This is a solution to exercise 1.4 from Cracking the Coding Interview written using Python 3.

Given a string, write a function to check if it is a permutation of a palindrome.


Example: 'Tact Coa'


Output: True (permutations: "taco cat", "atco cta", etc.)

I wanted to get feedback on making my code clearer and more pythonic. I believe my code has time complexity \$O(n)\$ and space complexity \$ O(n)\$ is that correct? If so, is there any way to improve on either the space or time complexity?

from collections import Counter

def is_palindrome_permutation(data: str) -> bool:
    """Given a string, check if it is a permutation of a palindrome."""
    data = data.lower().replace(' ', '')
    num_odd = sum(1 for char, freq in Counter(data).items() if char != ' ' and freq % 2 == 1)
# Check for two types of palindromes , 1) Odd Length (e.g. abc cba) 2) Even Length (e.g. abc d cba)
    if num_odd == 1 and len(data) % 2 == 1 or num_odd == 0 and len(data) % 2 == 0:
        return True
    else:
        return False


Test


datum = 'Tac4t co@A @4'


print(is_palindrome_permutation(datum))

Result


True

Test


datum = 'Tac4t co@A @4s'


print(is_palindrome_permutation(datum))

Result


False

Solution

Some suggestions:

  • You strip out spaces, then on the next line check if each character is a space. The second part is redundant.

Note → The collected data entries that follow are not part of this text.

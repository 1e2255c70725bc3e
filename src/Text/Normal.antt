-- ===== src/Text/Normal.antt =====
-- The normal form of a text.
use chc_rental.Base.{
  ℕ, ◌≡◌, refl, ap, ◌∙◌, false, some, List, [], ◌∷◌, ◌++◌, map, arith, inl, inr, Bool-cases,
}
use chc_rental.Base.Table.{All}
use chc_rental.Text.{
  Text, is_space, lower_char, lower, push, split_from, split, join, normalize_text,
}

-- No white space in it.
abbrev IsFree : Text → Type 0
IsFree s = All (λ c. is_space c ≡ false) s

-- Free, and not empty.
abbrev IsWord : Text → Type 0
IsWord [] = ⊥
IsWord (c ∷ s) = IsFree (c ∷ s)

push-words : (w : Text) (ws : List Text) → IsFree w → All IsWord ws → All IsWord (push w ws)
push-words [] ws h k = k
push-words (c ∷ w) ws h k = (h, k)

split_from-words : (s : Text) → IsFree (split_from s).0 × All IsWord (split_from s).1
unfolding split_from
split_from-words [] = (tt, tt)
split_from-words (c ∷ s) =
    let rest = split_from-words s in
    elim (Bool-cases (is_space c)) [
      | inl space ↦ rw space (tt, push-words (split_from s).0 (split_from s).1 rest.0 rest.1)
      | inr letter ↦ rw letter ((letter, rest.0), rest.1)
    ]

split-words : (s : Text) → All IsWord (split s)
unfolding split
split-words s = let h = split_from-words s in push-words (split_from s).0 (split_from s).1 h.0 h.1

split_from-word : (w : Text) → IsFree w → split_from w ≡ (w, [])
unfolding split_from
split_from-word [] h = refl
split_from-word (c ∷ w) h = rw (split_from-word w h.1, h.0) refl

split_from-space : (w s : Text) → IsFree w → split_from (w ++ (b' ' ∷ s)) ≡ (w, split s)
unfolding split_from split
split_from-space [] s h = unfold is_space in refl
split_from-space (c ∷ w) s h = rw (split_from-space w s h.1, h.0) refl

push-word : (w : Text) (ws : List Text) → IsWord w → push w ws ≡ w ∷ ws
push-word [] ws h = absurd h
push-word (c ∷ w) ws h = refl

free : (w : Text) → IsWord w → IsFree w
free [] h = tt
free (c ∷ w) h = h

split-pair :
    (w v : Text) (ws : List Text)
    → IsWord w
    → split (join (v ∷ ws)) ≡ v ∷ ws
    → split (w ++ (b' ' ∷ join (v ∷ ws))) ≡ w ∷ v ∷ ws
unfolding split
split-pair w v ws h rest =
    rw (split_from-space w (join (v ∷ ws)) (free w h))
      (push-word w (split (join (v ∷ ws))) h ∙ ap (λ x. w ∷ x) rest)

split-join : (ws : List Text) → All IsWord ws → split (join ws) ≡ ws
unfolding join
split-join [] h = unfold split split_from in refl
split-join (w ∷ []) h = unfold split in rw (split_from-word w (free w h.0)) (push-word w [] h.0)
split-join (w ∷ v ∷ ws) h = let rest = split-join (v ∷ ws) h.1 in split-pair w v ws h.0 rest

lower_char-space : (c : ℕ) → is_space (lower_char c) ≡ is_space c
unfolding is_space lower_char
lower_char-space c = ground arith

lower_char_lower : (c : ℕ) → lower_char (lower_char c) ≡ lower_char c
unfolding lower_char
lower_char_lower c = ground arith

lower-IsFree : (w : Text) → IsFree w → IsFree (lower w)
unfolding lower
lower-IsFree [] h = tt
lower-IsFree (c ∷ w) h = (lower_char-space c ∙ h.0, lower-IsFree w h.1)

lower-IsWord : (w : Text) → IsWord w → IsWord (lower w)
unfolding lower
lower-IsWord [] h = h
lower-IsWord (c ∷ w) h = (lower_char-space c ∙ h.0, unfold lower in lower-IsFree w h.1)

lower-words : (ws : List Text) → All IsWord ws → All IsWord (map lower ws)
lower-words [] h = tt
lower-words (w ∷ ws) h = (lower-IsWord w h.0, lower-words ws h.1)

lower-append : (s t : Text) → lower (s ++ t) ≡ lower s ++ lower t
unfolding lower
lower-append [] t = refl
lower-append (c ∷ s) t = ap (λ x. lower_char c ∷ x) (lower-append s t)

lower-gap : (s : Text) → lower (b' ' ∷ s) ≡ b' ' ∷ lower s
unfolding lower lower_char
lower-gap s = refl

lower-join : (ws : List Text) → lower (join ws) ≡ join (map lower ws)
unfolding join
lower-join [] = unfold lower in refl
lower-join (w ∷ []) = refl
lower-join (w ∷ v ∷ ws) =
    lower-append w (b' ' ∷ join (v ∷ ws)) ∙ rw (lower-gap (join (v ∷ ws)), lower-join (v ∷ ws)) refl

lower-lower : (s : Text) → lower (lower s) ≡ lower s
unfolding lower
lower-lower [] = refl
lower-lower (c ∷ s) = rw (lower_char_lower c, lower-lower s) refl

map-lower-lower : (ws : List Text) → map lower (map lower ws) ≡ map lower ws
map-lower-lower [] = refl
map-lower-lower (w ∷ ws) = rw (lower-lower w, map-lower-lower ws) refl

-- The normal form of a text is its words in lower case between single spaces.
normal_words : (s : Text) → normalize_text (some s) ≡ join (map lower (split s))
unfolding normalize_text
normal_words s = lower-join (split s)

-- `_normalize_text`, with a `lower` that lowers ASCII letters only, changes nothing when it is applied
-- to what it gave.
pub normalize_text-twice :
    (s : Text) → normalize_text (some (normalize_text (some s))) ≡ normalize_text (some s)
normalize_text-twice s =
    let ws = map lower (split s) in
    let words = lower-words (split s) (split-words s) in
    rw (normal_words s)
      (normal_words (join ws) ∙ rw (split-join ws words, map-lower-lower (split s)) refl)
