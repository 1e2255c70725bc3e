-- ===== src/Worker/Due.antt =====
-- `deliver_due` of src/chc_rental/delivery_worker.py. A turn of the loop reads the
-- world anew, so the loop runs over the list of the worlds that its turns meet, `max_messages` long.
-- That `_reconcile_seen` has changed the files of seen keys is in these worlds; of the ledger it only
-- reads.
use chc_rental.Base.{
  ℕ, ◌+◌, Bool, true, false, ◌&&◌, Option, none, some, List, [], ◌∷◌, leb, ◌==◌, if◌then◌else◌,
}
use chc_rental.Base.Table.{rows_where}
use chc_rental.Base.Raise.{Result, ok, err}
use chc_rental.Models.{Settings}
use chc_rental.Ledger.{Ledger, OutboxRow, pending}
use chc_rental.Ledger.Outbox.{
  contains, outbox_records, claim_due_outbox, release_due_retries, recover_stale_sending,
}
use chc_rental.Worker.{
  World, WorkerConfig, Eligibility, Work, global_gate, eligibility, targets, blocked_by,
  cancel_row_of, deliver_claimed, unless_raised,
}

-- What follows the claim of a turn. The turn that claims nothing ends the loop.
unfoldable pub claimed_turn :
    WorkerConfig → ℕ → World → Option OutboxRow × Ledger → Work → Bool × Result (Unit {0}) × Work
claimed_turn c now w (none, l) k = (false, ok tt, record k { ledger = l })
claimed_turn c now w (some row, l) k =
    let (r, k') = deliver_claimed c row now w (record k { ledger = l }) in (true, r, k')

-- One turn of the loop: does the loop go on, what the turn returned, and what it left.
unfoldable pub turn :
    WorkerConfig → ℕ → List ℕ → Option ℕ → World → Work → Bool × Result (Unit {0}) × Work
turn c now ids selected w k = claimed_turn c now w (claim_due_outbox now ids selected k.ledger) k

-- The rest of the loop runs if the turn went on and raised nothing.
abbrev pub go_on :
    Bool × Result (Unit {0}) × Work → (Work → Result (Unit {0}) × Work) → Result (Unit {0}) × Work
go_on (false, r, k) rest = (r, k)
go_on (true, err e, k) rest = (err e, k)
go_on (true, ok u, k) rest = rest k

-- `for _ in range(max_messages)`
unfoldable pub turns :
    WorkerConfig → ℕ → List ℕ → Option ℕ → List World → Work → Result (Unit {0}) × Work
turns c now ids selected [] k = (ok tt, k)
turns c now ids selected (w ∷ worlds) k =
    go_on (turn c now ids selected w k) (turns c now ids selected worlds)

abbrev pub is_asked : ℕ → List ℕ → Option ℕ → OutboxRow → Bool
is_asked now ids none row = contains ids row.telegram_id && leb row.not_before now
is_asked now ids (some id) row =
    contains ids row.telegram_id && leb row.not_before now && row.outbox_id == id

-- `if eligibility.permanent: … cancel_outbox`
unfoldable pub cancel_if_permanent :
    OutboxRow → Result Eligibility → Work → Result (Unit {0}) × Work
cancel_if_permanent row (err e) k = (err e, k)
cancel_if_permanent row (ok e) k =
    if e.permanent then (ok tt, cancel_row_of row.outbox_id e.reason k) else (ok tt, k)

-- The pass over the pending rows before the first claim, which reads the store for each row anew.
unfoldable pub cancel_invalid :
    Settings → (OutboxRow → World) → List OutboxRow → Work → Result (Unit {0}) × Work
cancel_invalid s before [] k = (ok tt, k)
cancel_invalid s before (row ∷ rows) k =
    unless_raised (cancel_if_permanent row (eligibility row s (before row) k.ledger) k)
      (cancel_invalid s before rows)

-- `recover_stale_sending` and `release_due_retries`, with the count in the report.
unfoldable pub recover : ℕ → ℕ → List ℕ → Work → Work
recover now stale_before ids k =
    let (n, l) = recover_stale_sending now stale_before ids k.ledger in
    record k {
      ledger = (release_due_retries now ids l).1;
      report = record (k.report) { uncertain = k.report.uncertain + n };
    }

-- The part of `deliver_due` after `_reconcile_seen`.
unfoldable pub deliver_targets :
    WorkerConfig
    → ℕ
    → ℕ
    → List ℕ
    → Option ℕ
    → Settings
    → (OutboxRow → World)
    → List World
    → Work
    → Result (Unit {0}) × Work
deliver_targets c now stale_before ids selected s before worlds k =
    let k' = recover now stale_before ids k in
    let rows = rows_where (is_asked now ids selected) (outbox_records (some pending) k'.ledger) in
    unless_raised (cancel_invalid s before rows k') (turns c now ids selected worlds)

-- What `_reconcile_seen` raises of itself: its reading of the settings.
abbrev pub if_read : Result Settings → Work → Result (Unit {0}) × Work
if_read (ok s) k = (ok tt, k)
if_read (err e) k = (err e, k)

unfoldable pub deliver_to :
    WorkerConfig
    → ℕ
    → ℕ
    → Option ℕ
    → Settings
    → World
    → (OutboxRow → World)
    → List World
    → Result (List ℕ)
    → Work
    → Result (Unit {0}) × Work
deliver_to c now stale_before selected s w before worlds (err e) k = (err e, k)
deliver_to c now stale_before selected s w before worlds (ok ids) k = elim (global_gate s) [
  | some gate ↦ (ok tt, blocked_by gate k)
  | none ↦
      unless_raised (if_read w.settings_later k)
        (deliver_targets c now stale_before ids selected s before worlds)
]

unfoldable pub due_under :
    WorkerConfig
    → ℕ
    → ℕ
    → Option (List ℕ)
    → Option ℕ
    → World
    → (OutboxRow → World)
    → List World
    → Result Settings
    → Work
    → Result (Unit {0}) × Work
due_under c now stale_before requested selected w before worlds (err e) k = (err e, k)
due_under c now stale_before requested selected w before worlds (ok s) k =
    deliver_to c now stale_before selected s w before worlds (targets s requested) k

-- `deliver_due`, in the world `w` at its start and those that the rows of its pass and its turns meet.
unfoldable pub deliver_due :
    WorkerConfig
    → ℕ
    → ℕ
    → Option (List ℕ)
    → Option ℕ
    → World
    → (OutboxRow → World)
    → List World
    → Work
    → Result (Unit {0}) × Work
deliver_due c now stale_before requested selected w before worlds k =
    due_under c now stale_before requested selected w before worlds w.settings k
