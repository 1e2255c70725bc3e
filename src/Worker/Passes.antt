-- ===== src/Worker/Passes.antt =====
-- What the gates of `_eligibility` let through, one by one.
use chc_rental.Base.{
  String, List, ◌≡◌, refl, Bool, true, false, not, Option, none, some, arith, Option-cases, inl,
  inr, if◌then◌else◌,
}
use chc_rental.Base.Raise.{Result, ok, err}
use chc_rental.Models.{get, is_allowlisted, Allowlist, AllowlistEntry, Profile, Listing, Settings}
use chc_rental.Ledger.{Ledger, OutboxRow}
use chc_rental.Ledger.Outbox.{contains, outbox_listing}
use chc_rental.Worker.{
  World, Eligibility, global_gate, still_matches, listed, is_immediate, seen_eligibility,
  listing_eligibility, listing_or_invalid, person_eligibility, allowlist_eligibility, eligibility,
  temporary, permanent_,
}

-- Under the settings `s` the recipient may be sent the message of the row: every reading of the store
-- that the gates need has returned, and its gate is open.
pub record MayReceive (row : OutboxRow) (s : Settings) (w : World) (l : Ledger) : Type 0 where
  pub live_push : s.live_push_enabled ≡ true
  pub incremental : s.incremental_alerts_enabled ≡ true
  pub zillow : s.zillow_enabled ≡ true
  pub canary : contains s.incremental_canary_telegram_ids row.telegram_id ≡ true
  pub allowlist : Allowlist
  pub allowlist_read : w.allowlist ≡ ok allowlist
  pub person : AllowlistEntry
  pub found : get allowlist row.telegram_id ≡ some person
  pub allowlisted : is_allowlisted allowlist row.telegram_id ≡ true
  pub immediate : is_immediate person.profile.delivery_mode ≡ true
  pub listing : Listing
  pub context : outbox_listing row.outbox_id l ≡ ok listing
  pub matches : still_matches listing row.matching_search_ids person.profile ≡ true
  pub seen : List String
  pub seen_read : w.active_seen row.telegram_id ≡ ok seen
  pub unseen : listed row.identity_key seen ≡ false

-- The call returned, and what it returned lets the row through.
abbrev pub LetsThrough : Result Eligibility → Type 0
LetsThrough r = (e : Eligibility) × (r ≡ ok e) × (e.eligible ≡ true)

refused : (e : Eligibility) → e.eligible ≡ false → LetsThrough (ok e) → ⊥
refused e shut (e', same, open_) = cc

pub passes :
    (c : Bool) (e : Eligibility) (r : Result Eligibility)
    → e.eligible ≡ false
    → LetsThrough (if not c then ok e else r)
    → (c ≡ true) × LetsThrough r
passes true e r shut h = (refl, h)
passes false e r shut h = absurd (refused e shut h)

pub gates_open :
    (s : Settings)
    → global_gate s ≡ none
    → (s.live_push_enabled ≡ true)
      × (s.incremental_alerts_enabled ≡ true)
      × (s.zillow_enabled ≡ true)
unfolding global_gate
gates_open s h = ground arith

seen_open :
    (row : OutboxRow) (r : Result (List String))
    → LetsThrough (seen_eligibility row r)
    → (seen : List String) × (r ≡ ok seen) × (listed row.identity_key seen ≡ false)
unfolding seen_eligibility
seen_open row (err e) (e', h, open_) = cc
seen_open row (ok seen) h = (seen, refl, unlisted (listed row.identity_key seen) h)
  where
    unlisted :
        (b : Bool)
        → LetsThrough (
            if b
            then ok (permanent_ "listing was already sent by the daily path")
            else ok (record { eligible = true; permanent = false; reason = "eligible" }))
        → b ≡ false
    unlisted true e = absurd (refused _ refl e)
    unlisted false e = refl

pub listing_open :
    (row : OutboxRow) (w : World) (p : Profile) (l : Listing)
    → LetsThrough (listing_eligibility row w p l)
    → (still_matches l row.matching_search_ids p ≡ true)
      × ((seen : List String) × (w.active_seen row.telegram_id ≡ ok seen)
          × (listed row.identity_key seen ≡ false))
unfolding listing_eligibility
listing_open row w p l h =
    let (matches, rest) = passes (still_matches l row.matching_search_ids p) _ _ refl h in
    (matches, seen_open row (w.active_seen row.telegram_id) rest)

pub context_open :
    (row : OutboxRow) (w : World) (p : Profile) (r : Result Listing)
    → LetsThrough (listing_or_invalid row w p r)
    → (l : Listing) × (r ≡ ok l) × LetsThrough (listing_eligibility row w p l)
context_open row w p (ok l) h = (l, refl, h)
context_open row w p (err e) h = absurd (refused _ refl h)

pub person_open :
    (row : OutboxRow) (w : World) (l : Ledger) (a : Allowlist) (person : AllowlistEntry)
    → LetsThrough (person_eligibility row w l a (some person))
    → (is_allowlisted a row.telegram_id ≡ true)
      × (is_immediate person.profile.delivery_mode ≡ true)
      × LetsThrough (listing_or_invalid row w person.profile (outbox_listing row.outbox_id l))
unfolding person_eligibility
person_open row w l a person h =
    let (allowed, rest) = passes (is_allowlisted a row.telegram_id) _ _ refl h in
    let (mode, valid) = passes (is_immediate person.profile.delivery_mode) _ _ refl rest in
    (allowed, mode, valid)

pub person_found :
    (row : OutboxRow) (w : World) (l : Ledger) (a : Allowlist) (o : Option AllowlistEntry)
    → LetsThrough (person_eligibility row w l a o)
    → (person : AllowlistEntry) × (o ≡ some person)
      × LetsThrough (person_eligibility row w l a (some person))
unfolding person_eligibility
person_found row w l a none h = absurd (refused _ refl h)
person_found row w l a (some person) h = (person, refl, h)

pub allowlist_found :
    (row : OutboxRow) (w : World) (l : Ledger) (r : Result Allowlist)
    → LetsThrough (allowlist_eligibility row w l r)
    → (a : Allowlist) × (r ≡ ok a)
      × LetsThrough (person_eligibility row w l a (get a row.telegram_id))
unfolding allowlist_eligibility
allowlist_found row w l (err e) (e', h, open_) = cc
allowlist_found row w l (ok a) h = (a, refl, h)

pub gate_open :
    (row : OutboxRow) (s : Settings) (w : World) (l : Ledger)
    → LetsThrough (eligibility row s w l)
    → (global_gate s ≡ none)
      × LetsThrough (
          if not (contains s.incremental_canary_telegram_ids row.telegram_id)
          then ok (temporary "recipient is not an incremental canary")
          else allowlist_eligibility row w l w.allowlist)
unfolding eligibility
gate_open row s w l h = elim (Option-cases (global_gate s)) [
  | inl e ↦ (e, rw (eligibility, e) at h)
  | inr (gate, e) ↦ absurd (refused (temporary gate) refl (rw (eligibility, e) at h))
]
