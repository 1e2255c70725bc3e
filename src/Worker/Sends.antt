-- ===== src/Worker/Sends.antt =====
-- Who is sent a message: the gates of `_eligibility` and of `_deliver_claimed`, as what holds of the
-- settings, the allowlist, the listing and the clock whenever the sender is called.
use chc_rental.Base.{
  ℕ, ◌≤◌, String, ◌≡◌, refl, Bool, true, false, Option, none, some, [], ◌∷◌, ◌++◌, arith,
  Bool-cases, Option-cases, inl, inr, ◌⊎◌, ltb, if-keeps,
}
use chc_rental.Base.Raise.{Result, ok, err}
use chc_rental.Models.{get, Allowlist, AllowlistEntry, Listing, Settings}
use chc_rental.Ledger.{Ledger, OutboxRow, OutboxStatus}
use chc_rental.Ledger.Outbox.{contains, outbox_listing}
use chc_rental.Worker.{
  SendOutcome, accepted, send_error, unknown_error, World, WorkerConfig, Work, eligibility, gone,
  cancel_row_of, return_row_of, fail_row_of, is_last, on_send_error, on_accepted, on_outcome,
  transport, deliver_person, deliver_allowed, deliver_eligible, deliver_judged, deliver_under,
  deliver_claimed, Eligibility, marked, then_, counted,
}
use chc_rental.Worker.Passes.{
  MayReceive, LetsThrough, allowlist_found, context_open, gate_open, gates_open, listing_open,
  passes, person_found, person_open,
}

-- Every gate of `_eligibility` is open.
may_receive :
    (row : OutboxRow) (s : Settings) (w : World) (l : Ledger)
    → LetsThrough (eligibility row s w l)
    → MayReceive row s w l
may_receive row s w l h =
    let (open_, rest) = gate_open row s w l h in
    let (canary, rest') =
      passes (contains s.incremental_canary_telegram_ids row.telegram_id) _ _ refl rest in
    let (allowlist, read, there) = allowlist_found row w l w.allowlist rest' in
    let (person, found, here) =
      person_found row w l allowlist (get allowlist row.telegram_id) there in
    let (allowed, mode, valid) = person_open row w l allowlist person here in
    let (listing, context, fits) =
      context_open row w person.profile (outbox_listing row.outbox_id l) valid in
    let (matches, unlisted) = listing_open row w person.profile listing fits in
    let (seen, seen_read, unseen) = unlisted in
    let (live, incremental, zillow) = gates_open s open_ in
    record {
      live_push = live;
      incremental = incremental;
      zillow = zillow;
      canary = canary;
      allowlist = allowlist;
      allowlist_read = read;
      person = person;
      found = found;
      allowlisted = allowed;
      immediate = mode;
      listing = listing;
      context = context;
      matches = matches;
      seen = seen;
      seen_read = seen_read;
      unseen = unseen;
    }

-- By a reading of the allowlist the recipient is outside of quiet hours.
abbrev pub IsAwake : OutboxRow → ℕ → World → Result Allowlist → Type 0
IsAwake row now w r =
    (a : Allowlist) × (r ≡ ok a)
    × ((person : AllowlistEntry) × (get a row.telegram_id ≡ some person)
        × (w.not_before person.profile now ≤ now))

-- What a call did with the sender: nothing, or it gave it the message of the row, and the recipient
-- may have it by the settings that were read, and by the second reading of the allowlist is outside
-- of quiet hours too.
abbrev pub SendsOnly : OutboxRow → ℕ → World → Work → Work → Type 0
SendsOnly row now w k k' =
    (k'.sends ≡ k.sends)
    ⊎ ((k'.sends ≡ k.sends ++ (row.telegram_id, row.message_text) ∷ [])
        × ((s : Settings) × (w.settings ≡ ok s) × MayReceive row s w k.ledger)
        × IsAwake row now w w.allowlist_later)

module _ (row : OutboxRow) (now : ℕ) where
  same_cancel :
      (k : Work) (reason : String) → (cancel_row_of row.outbox_id reason k).sends ≡ k.sends
  unfolding cancel_row_of
  same_cancel k reason = refl

  same_gone : (k : Work) → (gone row k).sends ≡ k.sends
  unfolding gone
  same_gone k = refl

  same_then :
      (r : Result (Unit {0})) (k k' k'' : Work)
      → k'.sends ≡ k.sends
      → k''.sends ≡ k.sends
      → (then_ r k' k'').1.sends ≡ k.sends
  same_then (ok u) k k' k'' h h' = h'
  same_then (err e) k k' k'' h h' = h

  same_return :
      (k : Work) (reason : String) (t : Option ℕ)
      → (return_row_of row.outbox_id now reason t k).1.sends ≡ k.sends
  unfolding return_row_of
  same_return k reason t = same_then _ k _ _ refl refl

  same_counted :
      (r : Result OutboxStatus) (l : Ledger) (k : Work) → (counted r l k).1.sends ≡ k.sends
  same_counted (ok s) l k = refl
  same_counted (err e) l k = refl

  same_fail :
      (k : Work) (class message : String) (t : Option ℕ) (u : Bool)
      → (fail_row_of row now class message t u k).1.sends ≡ k.sends
  unfolding fail_row_of
  same_fail k class message t u = same_counted _ _ k

  same_marked : (r : Result Listing) (k : Work) → (marked row r k).sends ≡ k.sends
  same_marked (ok l) k = refl
  same_marked (err e) k = refl

  same_accepted :
      (k : Work) (message_id : Option String) → (on_accepted row now message_id k).1.sends ≡ k.sends
  unfolding on_accepted
  same_accepted k message_id = same_then _ k _ _ refl (same_marked _ _)

  same_error :
      (c : WorkerConfig) (ambiguous terminal : Bool) (retry_after : Option ℕ) (message : String)
      (k : Work)
      → (on_send_error c row now ambiguous terminal retry_after message k).1.sends ≡ k.sends
  unfolding on_send_error
  same_error c true terminal retry_after message k = same_fail k _ message none true
  same_error c false terminal retry_after message k =
      if-keeps (λ (r : Result (Unit {0}) × Work). r.1.sends ≡ k.sends) (is_last c row terminal) _ _
        (same_fail k _ message none false) (same_fail k _ message _ false)

  pub same_outcome :
      (c : WorkerConfig) (outcome : SendOutcome) (k : Work)
      → (on_outcome c row now outcome k).1.sends ≡ k.sends
  same_outcome c (accepted message_id) k = same_accepted k message_id
  same_outcome c (send_error ambiguous terminal retry_after message) k =
      same_error c ambiguous terminal retry_after message k
  same_outcome c (unknown_error message) k = same_fail k _ message none true

-- The message of the row was not sent, or was, to a recipient who is awake.
abbrev SendsAwake : OutboxRow → ℕ → World → Result Allowlist → Work → Work → Type 0
SendsAwake row now w r k k' =
    (k'.sends ≡ k.sends)
    ⊎ ((k'.sends ≡ k.sends ++ (row.telegram_id, row.message_text) ∷ []) × IsAwake row now w r)

allowed-sends :
    (c : WorkerConfig) (row : OutboxRow) (now : ℕ) (w : World) (r : Result Allowlist) (k : Work)
    → SendsAwake row now w r k (deliver_allowed c row now w r k).1
unfolding deliver_allowed deliver_person
allowed-sends c row now w (err e) k = inl refl
allowed-sends c row now w (ok a) k = elim (Option-cases (get a row.telegram_id)) [
  | inl e ↦ rw (e, deliver_allowed) (inl (same_gone row now k))
  | inr (person, e) ↦ elim (Bool-cases (ltb now (w.not_before person.profile now))) [
    | inl quiet ↦ rw (e, deliver_allowed, quiet) (inl (same_return row now k _ _))
    | inr awake ↦
        rw (e, deliver_allowed, awake)
          (inr (
            unfold transport in same_outcome row now c (w.send row.telegram_id row.message_text) _,
            (a, refl, (person, e, ground arith)),
          ))
  ]
]

eligible-sends :
    (c : WorkerConfig) (row : OutboxRow) (now : ℕ) (w : World) (s : Settings) (e : Eligibility)
    (k : Work)
    → w.settings ≡ ok s
    → eligibility row s w k.ledger ≡ ok e
    → SendsOnly row now w k (deliver_eligible c row now w e k).1
unfolding deliver_eligible
eligible-sends c row now w s e k read judged = elim (Bool-cases e.eligible) [
  | inl may ↦ rw may (elim (allowed-sends c row now w w.allowlist_later k) [
    | inl same ↦ inl same
    | inr (more, awake) ↦
        inr (more, (s, read, may_receive row s w k.ledger (e, judged, may)), awake)
  ])
  | inr not_ ↦ rw not_ (
      inl (
        if-keeps (λ (r : Result (Unit {0}) × Work). r.1.sends ≡ k.sends) e.permanent
          (ok tt, cancel_row_of row.outbox_id e.reason k)
          (return_row_of row.outbox_id now e.reason none k) (same_cancel row now k e.reason)
          (same_return row now k e.reason none)))
]

judged-sends :
    (c : WorkerConfig) (row : OutboxRow) (now : ℕ) (w : World) (s : Settings)
    (r : Result Eligibility) (k : Work)
    → w.settings ≡ ok s
    → eligibility row s w k.ledger ≡ r
    → SendsOnly row now w k (deliver_judged c row now w r k).1
unfolding deliver_judged
judged-sends c row now w s (err e) k read judged = inl refl
judged-sends c row now w s (ok e) k read judged = eligible-sends c row now w s e k read judged

under-sends :
    (c : WorkerConfig) (row : OutboxRow) (now : ℕ) (w : World) (r : Result Settings) (k : Work)
    → w.settings ≡ r
    → SendsOnly row now w k (deliver_under c row now w r k).1
unfolding deliver_under
under-sends c row now w (err e) k read = inl refl
under-sends c row now w (ok s) k read =
    judged-sends c row now w s (eligibility row s w k.ledger) k read refl

-- The sender is called once at most for a claimed row, with the recipient and the text of that row,
-- and only while every gate is open: the three switches are on, the recipient is a canary, is active
-- on the allowlist in immediate mode, has an active search of the row that matches the listing and
-- has not seen it, and is not in quiet hours; each by a reading of the store that returned.
pub deliver_claimed-sends :
    (c : WorkerConfig) (row : OutboxRow) (now : ℕ) (w : World) (k : Work)
    → SendsOnly row now w k (deliver_claimed c row now w k).1
unfolding deliver_claimed
deliver_claimed-sends c row now w k = under-sends c row now w w.settings k refl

  • The only possible values for freq % 2 are 0 and 1, so num_odd = sum(1 for char, freq in Counter(data).items() if char != ' ' and freq % 2 == 1) can be simplified as num_odd = sum(freq % 2 for Counter(data).values())



  • If num_odd is 0, then there must be an even number of elements. If num_odd is 1, then there must be an odd number of elements. So really all you care about is if there is more than 1 odd count.



  • You can return the results of expressions directly. So something like return x



  • I would put the replace first since that reduces the number of characters that lower has to operate over (although this is probably a silly negligible micro optimization).



So the code can be simplified to:

from collections import Counter

def is_palindrome_permutation(data: str) -> bool:
    """Given a string, check if it is a permutation of a palindrome."""
    data = data.replace(' ', '').lower()
    return sum(freq%2 for freq in Counter(data).values()) < 2


One more thing you could do is put the
Counter on the first line. I think this hurts readability a bit, but does mean that your modified data can be garbage collected right away. There is no point doing this with .values(), though, since this is just a view into the Counter object, so the Counter` object has to be kept in memory.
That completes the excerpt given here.